E. Further, the equation we have been discussing does not lend itself
to direct calculation of the time needed for a given task, so other
techniques must be used to actually measure performance.
1. The clock rate is the one number that is easily obtained. The
total number of instructions needed to perform a given task
could be calculated from the program code, but the computation would
be laborious. And determination of CPI would be very difficult, since
it may depend on:
a. The exact nature of the instructions executed (on CISC's, some
instructions require more clocks than others; on RISC's, average
CPI is affected by program flow).
b.

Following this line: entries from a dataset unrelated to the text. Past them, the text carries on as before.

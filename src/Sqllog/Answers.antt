-- ===== src/Sqllog/Answers.antt =====
-- pkg/logstructured/sqllog/sql.go: what the log relies on in its database, and what its reads are to
-- answer.
use kine.Prelude.{
  ℕ, ◌≡◌, refl, sym, ap, subst, ◌⊎◌, inl, inr, Bool, true, false, ◌&&◌, Option, none, some, List,
  [], Bytes, ltb, leb, ◌==◌, if◌then◌else◌, Bool-cases, All, arith,
}
use kine.Types.{Event, Error, compacted, future_rev}
use kine.Sqllog.Rows.{Columns, rows_of, Stamped}
use kine.Sqllog.Dialect.{Dialect}
use kine.Sqllog.Log.{SqlLog, current_revision, is_empty}

-- What the log relies on: the queries do not fail and change nothing, each row carries the newest and
-- the compact revision, and an insert returns the newest revision after it, or fails and changes nothing.
pub record LawfulDialect {D : Type 0} (d : Dialect D) : Type 0 where
  pub revision : D → ℕ
  pub compact : D → ℕ
  pub rows_now : Bytes → Bytes → ℕ → Bool → Bool → D → List Columns
  pub rows_at : Bytes → Bytes → ℕ → ℕ → Bool → Bool → D → List Columns
  pub rows_after : Bytes → Bytes → ℕ → ℕ → D → List Columns
  pub number_at : Bytes → Bytes → ℕ → D → ℕ
  pub now_Stamped :
      (key end : Bytes) (limit : ℕ) (deleted keys_only : Bool) (s : D)
      → All (Stamped (revision s) (compact s)) (rows_now key end limit deleted keys_only s)
  pub at_Stamped :
      (key end : Bytes) (limit rev : ℕ) (deleted keys_only : Bool) (s : D)
      → All (Stamped (revision s) (compact s)) (rows_at key end limit rev deleted keys_only s)
  pub after_Stamped :
      (key end : Bytes) (rev limit : ℕ) (s : D)
      → All (Stamped (revision s) (compact s)) (rows_after key end rev limit s)
  pub reads_now :
      (key end : Bytes) (limit : ℕ) (deleted keys_only : Bool) (s : D)
      → d.list_current key end limit deleted keys_only s
        ≡ ((rows_of (rows_now key end limit deleted keys_only s), none), s)
  pub reads_at :
      (key end : Bytes) (limit rev : ℕ) (deleted keys_only : Bool) (s : D)
      → d.list key end limit rev deleted keys_only s
        ≡ ((rows_of (rows_at key end limit rev deleted keys_only s), none), s)
  pub reads_after :
      (key end : Bytes) (rev limit : ℕ) (s : D)
      → d.after key end rev limit s ≡ ((rows_of (rows_after key end rev limit s), none), s)
  pub counts_now :
      (key end : Bytes) (s : D)
      → d.count_current key end s ≡ ((revision s, number_at key end 0 s, none), s)
  pub counts_at :
      (key end : Bytes) (rev : ℕ) (s : D)
      → d.count key end rev s ≡ ((revision s, compact s, number_at key end rev s, none), s)
  pub reads_revision : (s : D) → d.current_revision s ≡ ((revision s, none), s)
  pub reads_compact : (s : D) → d.get_compact_revision s ≡ ((compact s, none), s)
  pub inserts :
      (key : Bytes) (create delete : Bool) (created prev lease : ℕ) (value : Bytes) (s : D)
      → ((err : Error) × (d.insert key create delete created prev lease value s
            ≡ ((0, some err), s)))
        ⊎ ((s' : D) × (d.insert key create delete created prev lease value s
              ≡ ((revision s', none), s')))

pub and_false : (b : Bool) → (b && false) ≡ false
and_false true = refl
and_false false = refl

-- What a read at a revision is answered, above the newest one, below the compact one, and else.
abbrev pub answer : {A : Type 0} → ℕ → ℕ → ℕ → A → A → ℕ × A × Option Error
answer revision rev compact nothing found =
    if ltb rev revision
    then (rev, nothing, some future_rev)
    else if ltb 0 revision && ltb revision compact
    then (rev, nothing, some compacted)
    else (rev, found, none)

-- After reports no revision if it was not asked from one on and there is no row.
abbrev pub answer_after : ℕ → ℕ → ℕ → List Event → ℕ × List Event × Option Error
answer_after revision rev compact events =
    if leb revision 0 && is_empty events
    then (0, [], none)
    else if ltb 0 revision && ltb revision compact
    then (rev, [], some compacted)
    else (rev, events, none)

module _ {D : Type 0} (d : Dialect D) (lawful : LawfulDialect d) where
  -- the cache is empty, or has the newest revision
  abbrev pub Fresh : SqlLog D → Type 0
  Fresh s = (s.current_rev ≡ 0) ⊎ (s.current_rev ≡ lawful.revision s.db)

  -- the result, with the database as it was and the cache fresh
  abbrev pub Answered : {A : Type 0} → SqlLog D → A × SqlLog D → A → Type 0
  Answered s (r, s') a = (r ≡ a) × (s'.db ≡ s.db) × Fresh s'

  -- An append fails and changes nothing of the database, or returns the newest revision after it.
  abbrev pub Appended : SqlLog D → (ℕ × Option Error) × SqlLog D → Type 0
  Appended s ((rev, err), s') =
      Fresh s'
      × (((e : Error) × (err ≡ some e) × (s'.db ≡ s.db))
          ⊎ ((err ≡ none) × (rev ≡ lawful.revision s'.db) × (s'.current_rev ≡ rev)))

  pub from_eq :
      {A : Type 0} (s s' : SqlLog D) (r : A × SqlLog D) (a : A)
      → r ≡ (a, s')
      → s'.db ≡ s.db
      → Fresh s'
      → Answered s r a
  from_eq s s' r a e same f = subst (λ x. Answered s x a) (sym e) (refl, same, f)

module _ {D : Type 0} (d : Dialect D) (lawful : LawfulDialect d) (manual : Bool)
    (iterate : ℕ → ℕ → D → (ℕ × ℕ) × D) where
  pub current_lem :
      (s : SqlLog D)
      → Fresh d lawful s
      → current_revision d (λ n. n) manual iterate s
        ≡ ((lawful.revision s.db, none), record s { current_rev = lawful.revision s.db })
  current_lem s f = elim (Bool-cases (s.current_rev == 0)) [
    | inl unknown ↦ rw (unknown, lawful.reads_revision s.db, unknown) refl
    | inr known ↦ rw known (ap (λ n. ((n, none), record s { current_rev = n })) (cached known f))
  ]
    where
      cached :
          (s.current_rev == 0) ≡ false → Fresh d lawful s → s.current_rev ≡ lawful.revision s.db
      cached known (inl z) = absurd (ground (arith, known, z))
      cached known (inr e) = e
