-- ===== src/Sqllog/Lawful.antt =====
-- pkg/logstructured/sqllog/sql.go: the log of SQLLog as one that pkg/logstructured relies on.
use kine.Prelude.{
  ltb, All, arith, ℕ, ◌<◌, ◌≡◌, refl, sym, ap, ◌∙◌, inr, Bool, true, false, not, ◌&&◌, Option, none,
  some, List, [], ◌∷◌, Bytes, if◌then◌else◌, Bool-cases, inl,
}
use kine.Types.{KeyValue, Event, Error}
use kine.Logstructured.Lawful.{Row, found, LawfulLog}
use kine.Sqllog.Rows.{
  rows_of, rows_loop, rows_to_events-rows_of, Stamped, Columns, scanned_kv, scanned_prev, events_of,
}
use kine.Sqllog.Dialect.{Dialect}
use kine.Sqllog.Log.{SqlLog, sql_log, list, append, inserted, list_checked, list_rows, list_events}
use kine.Sqllog.Answers.{LawfulDialect, current_lem}

-- the newest row of a key, unless it is a tombstone that is not asked for
abbrev pub shown : Bool → Option Columns → List Columns
shown deleted none = []
shown deleted (some c) = if c.delete && not deleted then [] else c ∷ []

-- What is relied on in the statements by key: a list of the current rows of one key has its newest row,
-- and an insert fails if the key has a row with the same previous revision (the unique index of name and
-- prev_revision), and else returns an id above the newest one.
pub record KeyedDialect {D : Type 0} (d : Dialect D) (lawful : LawfulDialect d) : Type 0 where
  pub newest : D → Bytes → Option Columns
  pub is_followed : D → Bytes → ℕ → Bool
  pub unique : Error
  pub next : D → ℕ
  pub lists_newest :
      (key : Bytes) (deleted keys_only : Bool) (s : D)
      → lawful.rows_now (d.translate_start_key key) [] 1 deleted keys_only s
        ≡ shown deleted (newest s key)
  pub insert_followed :
      (key : Bytes) (create delete : Bool) (created prev lease : ℕ) (value : Bytes) (s : D)
      → is_followed s key prev ≡ true
      → d.insert key create delete created prev lease value s ≡ ((0, some unique), s)
  pub insert_next :
      (key : Bytes) (create delete : Bool) (created prev lease : ℕ) (value : Bytes) (s : D)
      → is_followed s key prev ≡ false
      → (d.insert key create delete created prev lease value s).0 ≡ (next s, none)
  pub next_above : (s : D) → lawful.revision s < next s

-- the row as pkg/logstructured sees it
abbrev pub row_of_columns : Columns → Row
row_of_columns c = record {
  create = c.create;
  delete = c.delete;
  kv = scanned_kv true c;
  prev = if c.create then none else some (scanned_prev false c);
}

abbrev pub row_of_newest : Option Columns → Option Row
row_of_newest none = none
row_of_newest (some c) = some (row_of_columns c)

events_of-shown :
    (deleted keys_only : Bool) (o : Option Columns)
    → events_of (not keys_only) false (shown deleted o) ≡ found deleted keys_only (row_of_newest o)
events_of-shown deleted keys_only none = refl
events_of-shown deleted keys_only (some c) = elim (Bool-cases (c.delete && not deleted)) [
  | inl gone ↦ rw gone refl
  | inr there ↦ rw there (elim (Bool-cases keys_only) [ inl k ↦ rw k refl | inr k ↦ rw k refl ])
]

module _ {D : Type 0} (d : Dialect D) (lawful : LawfulDialect d) (keyed : KeyedDialect d lawful)
    (manual : Bool) (iterate : ℕ → ℕ → D → (ℕ × ℕ) × D) where
  -- the cache has the newest revision
  abbrev pub IsCurrent : SqlLog D → Type 0
  IsCurrent s = s.current_rev ≡ lawful.revision s.db

  pub current-same :
      (s : SqlLog D)
      → IsCurrent s
      → (sql_log d (λ n. n) manual iterate).current_revision s ≡ ((lawful.revision s.db, none), s)
  current-same s c =
      current_lem d lawful manual iterate s (inr c)
      ∙ ap (λ n. ((lawful.revision s.db, none), record s { current_rev = n })) (sym c)

  list_checked-zero :
      (rev compact : ℕ) (events : List Event) (s : SqlLog D)
      → list_checked d (λ n. n) manual iterate 0 rev compact events s ≡ ((rev, events, none), s)
  list_checked-zero rev compact events s = let low : ltb rev 0 ≡ false = ground arith in rw low refl

  list_rows-newest :
      (keys_only : Bool) (s : SqlLog D) (cs : List Columns)
      → IsCurrent s
      → All (Stamped (lawful.revision s.db) (lawful.compact s.db)) cs
      → list_rows d (λ n. n) manual iterate 0 keys_only s ((rows_of cs, none), s.db)
        ≡ ((lawful.revision s.db, events_of (not keys_only) false cs, none), s)
  unfolding rows_loop
  list_rows-newest keys_only s [] c h =
      rw (current-same s c, lawful.reads_compact s.db)
        (list_checked-zero (lawful.revision s.db) (lawful.compact s.db) [] s)
  list_rows-newest keys_only s (x ∷ cs) c h =
      ap (list_events d (λ n. n) manual iterate 0 s)
        (rows_to_events-rows_of (not keys_only) false x cs _ _ h)
      ∙ list_checked-zero (lawful.revision s.db) (lawful.compact s.db) _ s

  pub list-newest :
      (s : SqlLog D) (key : Bytes) (deleted keys_only : Bool)
      → IsCurrent s
      → list d (λ n. n) manual iterate key [] 1 0 deleted keys_only s ≡ (
        (
          lawful.revision s.db,
          found deleted keys_only (row_of_newest (keyed.newest s.db key)),
          none,
        ),
        s,
      )
  unfolding list
  list-newest s key deleted keys_only c =
      let key' = d.translate_start_key key in
      ap (list_rows d (λ n. n) manual iterate 0 keys_only s)
        (lawful.reads_now key' [] 1 deleted keys_only s.db)
      ∙ list_rows-newest keys_only s _ c (lawful.now_Stamped key' [] 1 deleted keys_only s.db)
      ∙ ap (λ cs. ((lawful.revision s.db, events_of (not keys_only) false cs, none), s))
          (keyed.lists_newest key deleted keys_only s.db)
      ∙ ap (λ es. ((lawful.revision s.db, es, none), s))
          (events_of-shown deleted keys_only (keyed.newest s.db key))

  pub append_followed :
      (s : SqlLog D) (e : Event) (kv prev : KeyValue)
      → e.kv ≡ some kv
      → e.prev_kv ≡ some prev
      → keyed.is_followed s.db kv.key prev.mod_revision ≡ true
      → append d (λ n. n) manual iterate e s ≡ ((0, some keyed.unique), s)
  unfolding append
  append_followed s e kv prev k p there =
      rw
        (
          k,
          p,
          keyed.insert_followed kv.key e.create e.delete kv.create_revision prev.mod_revision
              kv.lease kv.value s.db there,
        )
        refl

  inserted-result :
      (s : SqlLog D) (r : (ℕ × Option Error) × D)
      → r.0 ≡ (keyed.next s.db, none)
      → (inserted d (λ n. n) manual iterate s.current_rev s r).0 ≡ (keyed.next s.db, none)
  inserted-result s ((rev, none), db) q = q
  inserted-result s ((rev, some e), db) q = cc q

  pub append_next :
      (s : SqlLog D) (e : Event) (kv prev : KeyValue)
      → e.kv ≡ some kv
      → e.prev_kv ≡ some prev
      → keyed.is_followed s.db kv.key prev.mod_revision ≡ false
      → (append d (λ n. n) manual iterate e s).0 ≡ (keyed.next s.db, none)
  unfolding append
  append_next s e kv prev k p free =
      rw (k, p)
        (inserted-result s _ (
          keyed.insert_next kv.key e.create e.delete kv.create_revision prev.mod_revision kv.lease
            kv.value s.db free))

  -- The log over such a database, while its cache has the newest revision.
  abbrev pub sql_log-LawfulLog : LawfulLog (sql_log d (λ n. n) manual iterate)
  sql_log-LawfulLog = record {
    is_current = IsCurrent;
    revision = λ s. lawful.revision s.db;
    newest = λ s key. row_of_newest (keyed.newest s.db key);
    is_followed = λ s key prev. keyed.is_followed s.db key prev;
    unique = keyed.unique;
    next = λ s. keyed.next s.db;
    current_revision-revision = current-same;
    list-newest = list-newest;
    append_followed = append_followed;
    append_next = append_next;
    next_above = λ s. keyed.next_above s.db;
  }
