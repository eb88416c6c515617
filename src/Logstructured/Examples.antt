-- ===== src/Logstructured/Examples.antt =====
-- The theorems about the writes of pkg/logstructured over the log of pkg/logstructured/sqllog, with a
-- table that is a list of rows, and about its watches.
use kine.Prelude.{
  ℕ, ◌+◌, ◌≡◌, refl, ◌⊎◌, inl, inr, Bool, true, false, not, ◌&&◌, Option, none, some, List, [], ◌∷◌,
  Bytes, codes, ◌==◌, if◌then◌else◌, if_cases, Bool-cases, str_eq, length, arith, All,
}
use kine.Types.{Event, Error, key_exists, empty_kv}
use kine.Logstructured.Store.{create, update, delete}
use kine.Logstructured.Races.{spec_update, update-eq-spec_update}
use kine.Logstructured.RacesOfKeys.{
  spec_create, spec_delete, create-eq-spec_create, delete-eq-spec_delete,
}
use kine.Logstructured.Watch.{Watching, watching, Rising, concat, sent, sent-Rising}
use kine.Sqllog.Rows.{Columns, Stamped, rows_of}
use kine.Sqllog.Dialect.{Dialect}
use kine.Sqllog.Answers.{LawfulDialect}
use kine.Sqllog.Lawful.{KeyedDialect, shown, sql_log-LawfulLog}
use kine.Sqllog.Log.{SqlLog, sql_log}
use kine.Logstructured.Log.{Log}
use kine.Logstructured.Lawful.{LawfulLog}

-- the newest row first
abbrev Table : Type 0
Table = List Columns

abbrev newest_id : Table → ℕ
newest_id [] = 0
newest_id (c ∷ rows) = c.mod_revision

abbrev newest_row : Bytes → Table → Option Columns
newest_row key [] = none
newest_row key (c ∷ rows) =
    let rest = newest_row key rows in if str_eq c.key key then some c else rest

abbrev with_revisions : Table → Option Columns → Option Columns
with_revisions s none = none
with_revisions s (some c) = some (record c { current_rev = some (newest_id s); compact_rev = none })

abbrev has_next : Table → Bytes → ℕ → Bool
has_next [] key prev = false
has_next (c ∷ rows) key prev =
    let rest = has_next rows key prev in
    if str_eq c.key key && (c.prev_revision == prev) then true else rest

abbrev current_row : Bytes → Bool → Table → List Columns
current_row key deleted s = shown deleted (with_revisions s (newest_row key s))

abbrev new_row : Bytes → Bool → Bool → ℕ → ℕ → ℕ → Bytes → Table → Columns
new_row key made gone created prev lease value s = record {
  current_rev = none;
  compact_rev = none;
  mod_revision = newest_id s + 1;
  key = key;
  create = made;
  delete = gone;
  create_revision = created;
  prev_revision = prev;
  lease = lease;
  value = value;
  old_value = [];
}

abbrev insert_row : Bytes → Bool → Bool → ℕ → ℕ → ℕ → Bytes → Table → (ℕ × Option Error) × Table
insert_row key made gone created prev lease value s =
    if has_next s key prev
    then ((0, some key_exists), s)
    else ((newest_id s + 1, none), new_row key made gone created prev lease value s ∷ s)

abbrev table : Dialect Table
table = record {
  list_current =
      λ key end limit deleted keys_only s. ((rows_of (current_row key deleted s), none), s);
  list = λ key end limit rev deleted keys_only s. ((rows_of (current_row key deleted s), none), s);
  count_current = λ key end s. ((newest_id s, length s, none), s);
  count = λ key end rev s. ((newest_id s, 0, length s, none), s);
  current_revision = λ s. ((newest_id s, none), s);
  after = λ key end rev limit s. ((rows_of [], none), s);
  insert = insert_row;
  get_compact_revision = λ s. ((0, none), s);
  get_size = λ s. ((length s, none), s);
  translate_start_key = λ key. key;
}

shown-Stamped :
    (s : Table) (deleted : Bool) (o : Option Columns)
    → All (Stamped (newest_id s) 0) (shown deleted (with_revisions s o))
shown-Stamped s deleted none = tt
shown-Stamped s deleted (some c) =
    if_cases (All (Stamped (newest_id s) 0)) (c.delete && not deleted) [] _ (λ _. tt)
      (λ _. ((refl, refl), tt))

insert_cases :
    (key : Bytes) (made gone : Bool) (created prev lease : ℕ) (value : Bytes) (s : Table)
    → ((err : Error) × (insert_row key made gone created prev lease value s ≡ ((0, some err), s)))
      ⊎ ((s' : Table) × (insert_row key made gone created prev lease value s
            ≡ ((newest_id s', none), s')))
insert_cases key made gone created prev lease value s = elim (Bool-cases (has_next s key prev)) [
  | inl there ↦ inl (key_exists, rw there refl)
  | inr free ↦ inr (new_row key made gone created prev lease value s ∷ s, rw free refl)
]

abbrev lawful_table : LawfulDialect table
lawful_table = record {
  revision = newest_id;
  compact = λ s. 0;
  rows_now = λ key end limit deleted keys_only s. current_row key deleted s;
  rows_at = λ key end limit rev deleted keys_only s. current_row key deleted s;
  rows_after = λ key end rev limit s. [];
  number_at = λ key end rev s. length s;
  now_Stamped = λ key end limit deleted keys_only s. shown-Stamped s deleted (newest_row key s);
  at_Stamped = λ key end limit rev deleted keys_only s. shown-Stamped s deleted (newest_row key s);
  after_Stamped = λ key end rev limit s. tt;
  reads_now = λ key end limit deleted keys_only s. refl;
  reads_at = λ key end limit rev deleted keys_only s. refl;
  reads_after = λ key end rev limit s. refl;
  counts_now = λ key end s. refl;
  counts_at = λ key end rev s. refl;
  reads_revision = λ s. refl;
  reads_compact = λ s. refl;
  inserts = insert_cases;
}

abbrev keyed_table : KeyedDialect table lawful_table
keyed_table = record {
  newest = λ s key. with_revisions s (newest_row key s);
  is_followed = has_next;
  unique = key_exists;
  next = λ s. newest_id s + 1;
  lists_newest = λ key deleted keys_only s. refl;
  insert_followed = λ key made gone created prev lease value s there. rw there refl;
  insert_next = λ key made gone created prev lease value s free. rw free refl;
  next_above = λ s. omega arith;
}

abbrev no_compaction : ℕ → ℕ → Table → (ℕ × ℕ) × Table
no_compaction c r s = ((c, r), s)

abbrev log : Log (SqlLog Table)
log = sql_log table (λ n. n) false no_compaction

abbrev log_law : LawfulLog log
log_law = sql_log-LawfulLog table lawful_table keyed_table false no_compaction

-- Another client writes `/b` in between, and the poller sees it.
abbrev other_write : SqlLog Table → SqlLog Table
other_write s =
    let db = (insert_row (codes "/b") true false 0 0 0 (codes "2") s.db).1 in
    record { current_rev = newest_id db; db = db }

-- `/a` at revision 1
abbrev start : SqlLog Table
start = record { current_rev = 1; db = (insert_row (codes "/a") true false 0 0 0 (codes "1") []).1 }

update-eq-spec_update_example :
    update log other_write (codes "/a") (codes "3") 1 0 start
    ≡ spec_update log log_law other_write (λ s c. refl) (codes "/a") (codes "3") 1 0 start
update-eq-spec_update_example =
    update-eq-spec_update log log_law other_write (λ s c. refl) (codes "/a") (codes "3") 1 0 start
      refl

create-eq-spec_create_example :
    create log other_write (codes "/b") (codes "3") 0 start
    ≡ spec_create log log_law other_write (λ s c. refl) (codes "/b") (codes "3") 0 start
create-eq-spec_create_example =
    create-eq-spec_create log log_law other_write (λ s c. refl) (codes "/b") (codes "3") 0 start
      refl

delete-eq-spec_delete_example :
    delete log other_write (codes "/a") 1 start
    ≡ spec_delete log log_law other_write (λ s c. refl) (codes "/a") 1 start
delete-eq-spec_delete_example =
    delete-eq-spec_delete log log_law other_write (λ s c. refl) (codes "/a") 1 start refl

abbrev event_at : ℕ → Event
event_at revision = record {
  delete = false;
  create = true;
  kv = some (record empty_kv { key = codes "/a"; mod_revision = revision });
  prev_kv = none;
}

-- The channel brings the events 4 and 5 again, which were read first.
abbrev resumed : Watching
resumed = watching 3 5 (event_at 4 ∷ event_at 5 ∷ []) 0 0 none

sent-Rising_example :
    Rising 0 (concat (sent resumed ((event_at 4 ∷ event_at 5 ∷ []) ∷ (event_at 6 ∷ []) ∷ [])))
sent-Rising_example =
    sent-Rising resumed ((event_at 4 ∷ event_at 5 ∷ []) ∷ (event_at 6 ∷ []) ∷ []) (omega arith)
      (omega arith) (omega arith)
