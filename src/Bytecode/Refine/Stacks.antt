-- ===== src/Bytecode/Refine/Stacks.antt =====
-- A C array with its counter, seen as a list, and results that agree.
use systems_programming_proj.Prelude.{
  ℕ, ◌+◌, ◌-◌, ◌≤◌, ◌≡◌, ◌≢◌, List, [], ◌∷◌, arith, length, get_or, set, length-set,
  get_or-set_self, get_or-set_ne,
}
use systems_programming_proj.Prelude.Int.{ℤ, pos}
use systems_programming_proj.Bytecode.Vm.{Error, Result, ok, err, ◌>>=◌, size}

-- The entries of the array below the counter, topmost first.
abbrev pub Cells : List ℤ → List ℤ → Type 0
Cells arr [] = Unit
Cells arr (x ∷ xs) = (get_or arr (length xs) (pos 0) ≡ x) × Cells arr xs

pub record Holds (arr : List ℤ) (n : ℕ) (xs : List ℤ) : Type 0 where
  pub room : length arr ≡ size
  pub count : n ≡ length xs
  pub small : length xs ≤ size
  pub cells : Cells arr xs

-- A write at or above the counter spares what is below.
Cells-set :
    (arr xs : List ℤ) (i : ℕ) (v : ℤ) → length xs ≤ i → Cells arr xs → Cells (set arr i v) xs
Cells-set arr [] i v h c = tt
Cells-set arr (x ∷ xs) i v h c = (
  rw (get_or-set_ne arr i (length xs) v (pos 0) (omega arith)) c.0,
  Cells-set arr xs i v (omega arith) c.1,
)

pub Holds-push :
    {arr : List ℤ} {n : ℕ} {xs : List ℤ} (v : ℤ)
    → Holds arr n xs
    → length xs ≢ size
    → Holds (set arr n v) (n + 1) (v ∷ xs)
Holds-push {arr} {n} {xs} v h ne = rw h.count (record {
  room = rw length-set h.room;
  count = omega arith;
  small = omega (arith, h.small);
  cells = (
    get_or-set_self arr (length xs) v (pos 0) (omega (arith, h.room, h.small)),
    Cells-set arr xs (length xs) v (omega arith) h.cells,
  );
})

pub Holds-pop :
    {arr : List ℤ} {n : ℕ} {x : ℤ} {xs : List ℤ} → Holds arr n (x ∷ xs) → Holds arr (n - 1) xs
Holds-pop h = record {
  room = h.room;
  count = omega (arith, h.count);
  small = omega (arith, h.small);
  cells = h.cells.1;
}

-- Both results are values that `R` relates, or the same error.
pub data Agree {A B : Type 0} (R : A → B → Type 0) : Result A → Result B → Type 0 where
  oks : {a : A} {b : B} → R a b → Agree R (ok a) (ok b)
  errs : {e : Error} → Agree R (err e) (err e)

pub Agree-bind :
    {A B C D : Type 0} {R : A → B → Type 0} {S : C → D → Type 0} {r : Result A} {r' : Result B}
    {f : A → Result C} {f' : B → Result D}
    → Agree R r r'
    → ((a : A) (b : B) → R a b → Agree S (f a) (f' b))
    → Agree S (r >>= f) (r' >>= f')
Agree-bind (oks h) k = k _ _ h
Agree-bind errs k = errs

-- The second computation goes on to repackage its value.
pub Agree-right :
    {A B C : Type 0} {R : A → B → Type 0} {S : A → C → Type 0} {r : Result A} {r' : Result B}
    (g : B → C)
    → Agree R r r'
    → ((a : A) (b : B) → R a b → S a (g b))
    → Agree S r (r' >>= λ b. ok (g b))
Agree-right g (oks h) k = oks (k _ _ h)
Agree-right g errs k = errs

The interaction between the CPU and the memory system.
2. For similar reasons, one cannot simply say that if a given program
takes time t on a system with a given clock rate, it will take, say,
time t/2 on a system whose clock is twice as fast.
a. The improvement could be much less than the clock rate ratio, if
the rest of the system (e.g. memory, I/O) is not speeded up
proportionally.
b. Sometimes, the performance improvement turns out to be greater than
that implied by the clock rate ratio, because other components
of the equation (e.g. CPI) have been improved as well.
3. In practice, speeds of various systems are typically compared by
the use of BENCHMARKS (individual programs or sets of programs.)
The book discusses a number of reasons why this approach is fraught
with pitfalls, ranging from statistical issues to the possibility
of manufacturers "rigging" their product to do well on known
benchmarks.
IV. Review Of Basic Von Neumann Machine Architecture
-- ------ -- ----- --- ------- ------- ------------
A. Last semester we saw that modern computer systems are based on a
basic architecture frequently known as "the Von Neumann machine".
1. In this architecture there are five fundamental kinds of building
blocks. Can anyone recall what they are?
ASK
a. Memory
b. Arithmetic-logic Unit (ALU)
c. Control
d. Input
e. Output
2. In CS221 we looked in detail at memory elements (registers, memory
chips, and various magnetic media) and the arithmetic-logic unit (e.g.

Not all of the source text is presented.